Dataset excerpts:
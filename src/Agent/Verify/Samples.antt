-- ===== src/Agent/Verify/Samples.antt =====
-- The endpoint on concrete rules and requests.
use edge_caddy.Prelude.{
  ℕ, ◌*◌, true, ◌&&◌, str_append, str_eq, none, some, List, [], ◌∷◌, ◌≡◌, refl, arith, inl, ap, ◌∙◌,
  if◌then◌else◌, has, All,
}
use edge_caddy.Prelude.Int.{pos}
use edge_caddy.Prelude.Assoc.{Assoc, lookup, insert}
use Prim.Native.String.{len, slice}
use text.Mathlib.TextPositions.{slice-append_right, len-append}
use edge_caddy.Render.Access.{caddy_routes}
use edge_caddy.Render.VerifyRules.{verify_rules}
use edge_caddy.Render.Samples.{sample_go, sample_options, sample_routes, sample_rules}
use edge_caddy.Agent.RateLimit.{second, Bucket, allow}
use edge_caddy.Agent.Verify.Sweep.{rate_of, sweep_all}
use edge_caddy.Agent.Verify.Swept.{allow-sweep_all}
use edge_caddy.Agent.Verify.{AgentRule}
use edge_caddy.Agent.Verify.Calls.{Calls}
use edge_caddy.Agent.Verify.Secret.{Request, outside_window, header_parts}
use edge_caddy.Agent.Verify.Handle.{Verifier, handle, set_rules}
use edge_caddy.Agent.Verify.Counts.{CountsAs, handle-CountsAs}
use edge_caddy.Agent.Verify.Accepts.{IsSigned, accepted-IsSigned}
use edge_caddy.Agent.Verify.Tokens.{HasFreshKey, accepted-HasFreshKey}
use edge_caddy.Agent.Verify.Replay.{Event, serve, renew, tick, run, signature_once}
use edge_caddy.Agent.Verify.Answers.{IsAnswered, rendered-IsAnswered}

-- The library on the texts of the samples.
abbrev sample_calls : Calls
sample_calls = record {
  split_comma = λ s.
      if str_eq s "t=100,v1=beef"
      then "t=100" ∷ "v1=beef" ∷ []
      else if str_eq s "v1=beef,t=100"
      then "v1=beef" ∷ "t=100" ∷ []
      else s ∷ [];
  trim_space = λ s. s;
  cut_equals = λ s.
      if str_eq s "t=100"
      then some ("t", "100")
      else if str_eq s "v1=beef"
      then some ("v1", "beef")
      else none;
  trim_verify = λ s. slice s 8 (len s);
  trim_verify-prefix = λ s.
      ap (slice (str_append "/verify/" s) 8) (len-append "/verify/" s)
      ∙ slice-append_right "/verify/" s;
  has_prefix = λ s p. has s ("limit|10.0.0.1" ∷ []) && str_eq p "limit|";
  parse_int = λ s. if str_eq s "100" then some (pos 100) else none;
  hmac_hex = λ secret m. if str_eq m "100.GET./x" then "beef" else "dead";
  byte_len = len;
  first_bytes = λ n s. slice s 0 n;
  after_bytes = λ n s. slice s n (len s);
  equal_fold = str_eq;
  token_kid = λ s. if str_eq s "token" then some "k1" else none;
  check_token = λ options key now raw. if str_eq raw "token" then some (some "alice") else none;
  fetch = λ now url.
      some (record { kty = "RSA"; kid = "k1"; crv = ""; n = "n"; e = "e"; x = ""; y = "" } ∷ []);
  decode_base64 = λ s. some s;
  host_of = λ s. none;
  before_query = λ s. s;
  Address = Unit;
  Reader = Unit;
  parse_address = λ s. none;
  country_of = λ r a. none;
}

abbrev sample_verifier : Verifier Unit
sample_verifier = set_rules sample_calls (verify_rules sample_go sample_rules) (record {
  rules = [];
  seen = [];
  buckets = [];
  key_caches = [];
  geo = none;
  rate_limited = 0;
  denied = 0;
})

abbrev signed_request : Request
signed_request = record {
  path = "/verify/signed";
  method = "GET";
  get_header = λ h.
      if str_eq h "X-Signature"
      then "t=100,v1=beef"
      else if str_eq h "X-Forwarded-Uri"
      then "/x"
      else "";
}

abbrev sample_rule : AgentRule
sample_rule = record {
  id = "signed";
  kind = "service_secret";
  header = "X-Signature";
  ttl = 60 * second;
  replay = true;
  secret = "key";
  issuer = "";
  audience = "";
  jwks_url = "";
  skew_seconds = pos 0;
  requests = pos 0;
  window_seconds = pos 0;
  rate_key = "";
  geo_mode = "";
  geo_countries = [];
}

abbrev at : ℕ → ℕ
at seconds = seconds * second

sample_found :
    lookup (sample_calls.trim_verify signed_request.path) sample_verifier.rules ≡ some sample_rule
unfolding lookup insert set_rules verify_rules
sample_found = refl

sample_passes : (handle sample_calls (at 110) signed_request sample_verifier).1.status ≡ 200
unfolding handle lookup insert outside_window set_rules verify_rules
sample_passes = refl

handle-CountsAs_example :
    CountsAs true sample_verifier (handle sample_calls (at 110) signed_request sample_verifier)
handle-CountsAs_example = handle-CountsAs sample_calls (at 110) signed_request sample_verifier

accepted-IsSigned_example : IsSigned sample_calls (at 110) sample_rule signed_request
accepted-IsSigned_example =
    accepted-IsSigned sample_calls (at 110) signed_request sample_verifier sample_rule sample_found
      refl sample_passes

-- In between: another request, the same rules again, and the sweeper.
abbrev in_between : List (ℕ × Event Unit)
in_between =
    (at 111, serve (record signed_request { path = "/verify/other" }))
    ∷ (at 115, renew (verify_rules sample_go sample_rules))
    ∷ (at 120, tick)
    ∷ []

-- The same signature, with its parts in the other order.
abbrev replayed_request : Request
replayed_request = record signed_request {
  get_header = λ h. if str_eq h "X-Signature" then "v1=beef,t=100" else signed_request.get_header h;
}

signature_once_example :
    (handle sample_calls (at 130) replayed_request (
      run sample_calls in_between
        (handle sample_calls (at 110) signed_request sample_verifier).0)).1.status
    ≡ 403
signature_once_example =
    signature_once sample_calls (at 110) (at 130) signed_request replayed_request sample_verifier
      sample_rule in_between sample_found refl refl sample_passes
      (omega arith, (omega arith, (omega arith, tt)))
      (unfold run handle lookup insert outside_window set_rules verify_rules in refl)
      (unfold header_parts in refl) (unfold header_parts in refl)

rendered-IsAnswered_example :
    All
      (λ route.
        All
          (IsAnswered sample_calls
            (set_rules sample_calls (verify_rules sample_go sample_rules) sample_verifier))
          route.handle)
      (caddy_routes sample_go sample_options sample_routes sample_rules)
rendered-IsAnswered_example =
    rendered-IsAnswered sample_calls sample_go sample_options sample_routes sample_rules
      sample_verifier

abbrev token_rule : AgentRule
token_rule = record sample_rule { id = "token"; kind = "jwt_bearer"; jwks_url = "https://idp" }

abbrev token_verifier : Verifier Unit
token_verifier = record sample_verifier { rules = ("token", token_rule) ∷ [] }

abbrev token_request : Request
token_request = record {
  path = "/verify/token";
  method = "GET";
  get_header = λ h. if str_eq h "Authorization" then "Bearer token" else "";
}

accepted-HasFreshKey_example :
    HasFreshKey sample_calls
      (at 110)
      token_rule
      token_request
      (handle sample_calls (at 110) token_request token_verifier).0.key_caches
accepted-HasFreshKey_example =
    accepted-HasFreshKey sample_calls (at 110) token_request token_verifier token_rule
      (unfold lookup in refl) refl (unfold handle lookup insert set_rules in refl)

abbrev limit_rule : AgentRule
limit_rule = record sample_rule {
  id = "limit";
  kind = "rate_limit";
  requests = pos 2;
  window_seconds = pos 60;
}

abbrev some_buckets : Assoc Bucket
some_buckets = ("limit|10.0.0.1", record { tokens = 120 * second; last = at 10 }) ∷ []

allow-sweep_all_example :
    (allow
      (rate_of limit_rule)
      (at 30)
      "limit|10.0.0.1"
      (sweep_all sample_calls (limit_rule ∷ []) (at 20) some_buckets)).1
    ≡ (allow (rate_of limit_rule) (at 30) "limit|10.0.0.1" some_buckets).1
allow-sweep_all_example =
    allow-sweep_all sample_calls limit_rule "limit|10.0.0.1" (at 20) (at 30) (omega arith)
      (limit_rule ∷ []) some_buckets (inl refl, tt) refl (unfold lookup in (refl, tt))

_Your task_
What is the number of lines in the records that include the word "renew"? Answer with that number only.

_Exercise output_
2